→ Stored data entries:
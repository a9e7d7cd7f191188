-- ===== src/Config/Precedence.antt =====
-- src/lib/config_parse.c: a configuration file changes only options that have no value yet.
use freenote_probe.Base.{
  ℕ, Bool, true, false, not, ◌&&◌, ◌||◌, Option, none, some, List, [], ◌∷◌, ◌==◌, if◌then◌else◌,
  ◌≡◌, inl, inr, refl, sym, ap, ◌∙◌, arith, Bool-cases, Option-cases, get_elem?, set,
  get_elem?-set_ne,
}
use freenote_probe.Base.Int.{ℤ, pos, negsuc}
use freenote_probe.CString.{Bytes, strchr}
use freenote_probe.Options.{
  Options, Ran, returns, aborts, exits, faults, waits, ◌>>=◌, Always, Always->>=, Always-weaken,
  matches, search_from, opt_is_valid_i, opt_is_valid, is_default_opt, set_opt,
}
use freenote_probe.Options.Rows.{CliOpt}
use freenote_probe.Config.{
  assign, with_word, parse_line, parse_config, read_config, skip_spaces, tail, split_word, before,
  uncommented, after_line,
}
use freenote_probe.Config.Found.{search_from-Passes, search_again}

abbrev pub value? : Option CliOpt → Option Bytes
value? none = none
value? (some r) = r.value

abbrev pub opened : Option (List Bytes) → Bool
opened none = false
opened (some lines) = true

-- The value that row `k` was given, on the command line or in a file.
abbrev pub given : List CliOpt → ℕ → Option Bytes
given rows k = value? (get_elem? rows k)

-- Every value that is given stays.
abbrev pub Keeps : List CliOpt → List CliOpt → Type 0
Keeps rows rows2 = (k : ℕ) (v : Bytes) → given rows k ≡ some v → given rows2 k ≡ some v

-- After the first reading, nothing changes; before, one row without a value may get one.
abbrev Respects : Bool → Options → ℤ × Options → Type 0
Respects parsed o p = Keeps o.rows p.1.rows × (parsed ≡ true → p.1.rows ≡ o.rows)

set-Keeps :
    (rows : List CliOpt) (n : ℕ) (r s : CliOpt)
    → get_elem? rows n ≡ some r
    → r.value ≡ none
    → Keeps rows (set rows n s)
set-Keeps rows n r s slot empty k v e = elim (Bool-cases (n == k)) [
  | inl t ↦ absurd (
      let same : n ≡ k = ground (arith, t) in
      let z : none ≡ some v =
        sym empty ∙ ap value? (sym slot) ∙ ap (λ j. value? (get_elem? rows j)) same ∙ e in
      cc)
  | inr t ↦ ap value? (get_elem?-set_ne rows s (λ q. ground (arith, t, q))) ∙ e
]

-- An option without a value gets one if no file was read before.
fresh-Respects :
    (parsed : Bool) (o : Options) (opt val : Bytes) (n : ℕ) (r : CliOpt)
    → get_elem? o.rows n ≡ some r
    → matches opt r ≡ true
    → r.value ≡ none
    → Always (Respects parsed o) (
        if true && not parsed
        then (set_opt (record o { valid_cursor = n }) opt val >>= λ o2. returns (pos 0, o2))
        else returns (pos 0, record o { valid_cursor = n }))
fresh-Respects true o opt val n r slot t empty = (λ k v e. e, λ e. refl)
fresh-Respects false o opt val n r slot t empty =
    rw stored (set-Keeps o.rows n r _ slot empty, λ e. cc)
  where
    stored :
        set_opt (record o { valid_cursor = n }) opt val
        ≡ returns
            (record o { rows = set o.rows n (record r { value = some val }); valid_cursor = n })
    stored =
        unfold set_opt opt_is_valid_i in
        rw (search_again (matches opt) o.rows n (r, slot, t), slot) refl

assign-Respects :
    (parsed : Bool) (o : Options) (opt val : Bytes)
    → Always (Respects parsed o) (assign parsed o opt val)
unfolding assign is_default_opt opt_is_valid_i
assign-Respects parsed o opt val =
    elim (Option-cases (search_from (matches opt) o.rows o.valid_cursor).0) [
      | inl e ↦ rw e tt
      | inr (n, e) ↦
          let (at, (r, slot, t)) = search_from-Passes (matches opt) o.rows o.valid_cursor e in
          elim (Option-cases r.value) [
            | inl empty ↦ rw (e, slot, empty, at) (fresh-Respects parsed o opt val n r slot t empty)
            | inr (v, full) ↦ rw (e, slot, full) (λ k w g. g, λ g. refl)
          ]
    ]

unchanged : (parsed : Bool) (o o2 : Options) (r : ℤ) → o2.rows ≡ o.rows → Respects parsed o (r, o2)
unchanged parsed o o2 r same = (λ k v e. ap (λ rows. given rows k) same ∙ e, λ e. same)

with_word-Respects :
    (parsed : Bool) (o : Options) (w : Option (Bytes × Bytes))
    → Always (Respects parsed o) (with_word parsed o w)
with_word-Respects parsed o none = unchanged parsed o o (negsuc 0) refl
with_word-Respects parsed o (some (opt, rest)) = elim (Option-cases (skip_spaces (tail rest))) [
  | inl e ↦ rw (with_word, e) (unchanged parsed o o (negsuc 0) refl)
  | inr (val, e) ↦ rw (with_word, e) (assign-Respects parsed o opt val)
]

any_word : (m : Ran (Option (Bytes × Bytes))) → Always {0, 0} (λ w. Unit) m
any_word (returns w) = tt
any_word aborts = tt
any_word exits = tt
any_word faults = tt
any_word waits = tt

parse_line-Respects :
    (parsed : Bool) (o : Options) (line : Bytes)
    → Always (Respects parsed o) (parse_line parsed o line)
unfolding parse_line
parse_line-Respects parsed o line =
    let word = split_word (before line (strchr line 10)) in
    Always->>= {0, 0, 0, 0} (λ w. Unit) (Respects parsed o) word _ (any_word word)
      (λ w u. with_word-Respects parsed o w)

Respects-trans :
    (parsed : Bool) (o o2 : Options) (p : ℤ × Options)
    → Keeps o.rows o2.rows × (parsed ≡ true → o2.rows ≡ o.rows)
    → Respects parsed o2 p
    → Respects parsed o p
Respects-trans parsed o o2 p (keeps, still) (keeps2, still2) =
    (λ k v e. keeps2 k v (keeps k v e), λ e. still2 e ∙ still e)

after_line-Respects :
    (parsed : Bool) (o : Options) (rest : Options → Ran (ℤ × Options))
    → ((o2 : Options) → Always (Respects parsed o2) (rest o2))
    → (p : ℤ × Options) → Respects parsed o p
    → Always (Respects parsed o) (after_line rest p)
after_line-Respects parsed o rest more (pos n, o2) h =
    Always-weaken (Respects parsed o2) (Respects parsed o) (rest o2) (more o2)
      (λ p. Respects-trans parsed o o2 p h)
after_line-Respects parsed o rest more (negsuc n, o2) h = h

line-Respects :
    (parsed valid : Bool) (o o1 : Options) (line : Bytes)
    → o1.rows ≡ o.rows
    → Always
        (Respects parsed o)
        (if valid then parse_line parsed o1 line else returns (negsuc 0, o1))
line-Respects parsed true o o1 line same =
    Always-weaken (Respects parsed o1) (Respects parsed o) (parse_line parsed o1 line)
      (parse_line-Respects parsed o1 line)
      (λ p. Respects-trans parsed o o1 p (unchanged parsed o o1 (pos 0) same))
line-Respects parsed false o o1 line same = unchanged parsed o o1 (negsuc 0) same

parse_config-Respects :
    (parsed : Bool) (o : Options) (lines : List Bytes)
    → Always (Respects parsed o) (parse_config parsed o lines)
unfolding parse_config
parse_config-Respects parsed o [] = unchanged parsed o o (pos 0) refl
parse_config-Respects parsed o (line ∷ lines) =
    let checked = opt_is_valid o (uncommented line) in
    Always->>= (Respects parsed o) (Respects parsed o) _ _
      (line-Respects parsed checked.0 o checked.1 (uncommented line)
        (unfold opt_is_valid opt_is_valid_i in refl))
      (after_line-Respects parsed o _ (λ o2. parse_config-Respects parsed o2 lines))

-- Wherever `read_config` returns: it has changed no value that an option was given, on the command
-- line or by an earlier line; if a file was read before, it has changed no option at all; and a file
-- counts as read afterwards exactly if one was read before or this one could be opened, also where
-- one of its lines is wrong.
pub read_config-Keeps :
    (parsed_yet : Bool) (o : Options) (stream : Option (List Bytes))
    → Always
        (λ (p : ℤ × Options × Bool).
          Keeps o.rows p.1.rows
          × (parsed_yet ≡ true → p.1.rows ≡ o.rows)
          × (p.2 ≡ (parsed_yet || opened stream)))
        (read_config parsed_yet o stream)
unfolding read_config
read_config-Keeps parsed o none = (λ k v e. e, (λ e. refl), ground arith)
read_config-Keeps parsed o (some lines) =
    Always->>= (Respects parsed o) _ (parse_config parsed o lines) _
      (parse_config-Respects parsed o lines) (λ p h. (h.0, h.1, ground arith))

→ WHAT YOU HAVE TO DO: Of all the lines in the entries, count those with the string "changes", and report only that number.

→ EXERCISE SOLUTION: 2